# I would like to see how BoI handles tracker redress in an arrears case



## Brendan Burgess (5 Jan 2018)

I have seen the BoI redress for a customer who was not in arrears. 

They have handled it in an odd way but it favours the customer. 

But I would like to see how they do it for an arrears case. 

If anyone would like to send me a copy of their redress letter, you can email it to me at brendan at this website. 

Brendan


----------



## moneymakeover (5 Jan 2018)

In what way does it favour the customer?

You mean the full interest overcharge is refunded and the balance is not reduced?


----------



## Brendan Burgess (5 Jan 2018)

Correct. 

The other lenders give you a refund of €10k and reduce the balance by €5k. 

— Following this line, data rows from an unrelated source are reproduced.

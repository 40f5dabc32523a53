-- ===== src/Catalog.antt =====
-- app/catalog.py: settings, the kill switches, and the service on offer; app/audit.py.
pub mod Closed
use smmfalcron.Prelude.{
  ℕ, String, Bool, Option, none, some, ◌∷◌, ◌||◌, ◌==◌, string_eq, strip, truncate, if◌then◌else◌,
}
use smmfalcron.Table.{lookup, put}
use smmfalcron.Models.{Db, Service, AuditLog}
use smmfalcron.Env.{Env}
use smmfalcron.Session.{Session, permission_error, ◌>>=◌, ◌>>◌, read, write, raise_if}

unfoldable pub get_setting : String → String → Db → String
get_setting key default db = elim (lookup key db.settings) [ none ↦ default | some v ↦ v ]

unfoldable pub set_setting : String → String → Session (Unit {0})
set_setting key value = write (λ db. record db { settings = put key value db.settings })

unfoldable pub get_service : String → Db → Option Service
get_service service_id db = lookup service_id db.services

module _ ⦃env : Env⦄ where
  unfoldable pub is_kill_on : String → Db → Bool
  unfolding get_setting
  is_kill_on key db =
      let v = strip env.is_space (get_setting key "0" db) in
      v == "1" || (v == "true" || (v == "True" || v == "yes"))

  unfoldable pub assert_orders_open : Session (Unit {0})
  assert_orders_open = do
    maintenance ← read (is_kill_on "global_maintenance")
    raise_if maintenance (permission_error "FALARON is in maintenance. Please try again later.")
    read_only ← read (is_kill_on "read_only")
    raise_if read_only (permission_error "The platform is in read-only mode.")
    paused ← read (is_kill_on "kill_new_orders")
    raise_if paused (permission_error "New orders are temporarily paused.")

  unfoldable pub closed : String → Db → Bool
  closed switch db =
      is_kill_on "global_maintenance" db || (is_kill_on "read_only" db || is_kill_on switch db)

  unfoldable pub assert_payments_open : Session (Unit {0})
  assert_payments_open = do
    paused ← read (closed "kill_payments")
    raise_if paused (permission_error "Deposits are temporarily paused.")

  unfoldable pub assert_refills_open : Session (Unit {0})
  assert_refills_open = do
    paused ← read (closed "kill_refills")
    raise_if paused (permission_error "Refills are temporarily paused.")

abbrev cut_if_any : ℕ → Option String → Option String
cut_if_any n none = none
cut_if_any n (some s) = if s == "" then none else some (truncate n s)

-- `audit`: the old and new values are JSON texts for people to read, and are not modelled.
unfoldable pub audit : String → String → Option String → Option String → Session (Unit {0})
audit actor action target reason = write λ db.
    let row : AuditLog = record {
      actor = truncate 48 actor;
      action = truncate 64 action;
      target = cut_if_any 80 target;
      reason = cut_if_any 255 reason;
      created_at = db.now;
    } in
    record db { audit_logs = row ∷ db.audit_logs }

BoI give you the €15k and you have the option of reducing the balance by €5k or keeping it as an additional low interest loan.

Brendan


----------



## OffalyDillon (1 Feb 2018)

I will be one of those customers in arrears. Been chasing then for the redress pack, latest I have received heard is that they will have some info for me next Monday but the pack will not be issued until a later date, apologises Brendan, I could not find your email address


----------



## Brendan Burgess (1 Feb 2018)

Hi Offaly 

My email address is brendan at this website

Brendan


----------



## Brendan Burgess (6 Feb 2018)

Hi Offaly 

Did you get your redress letter yet? 

Brendan


----------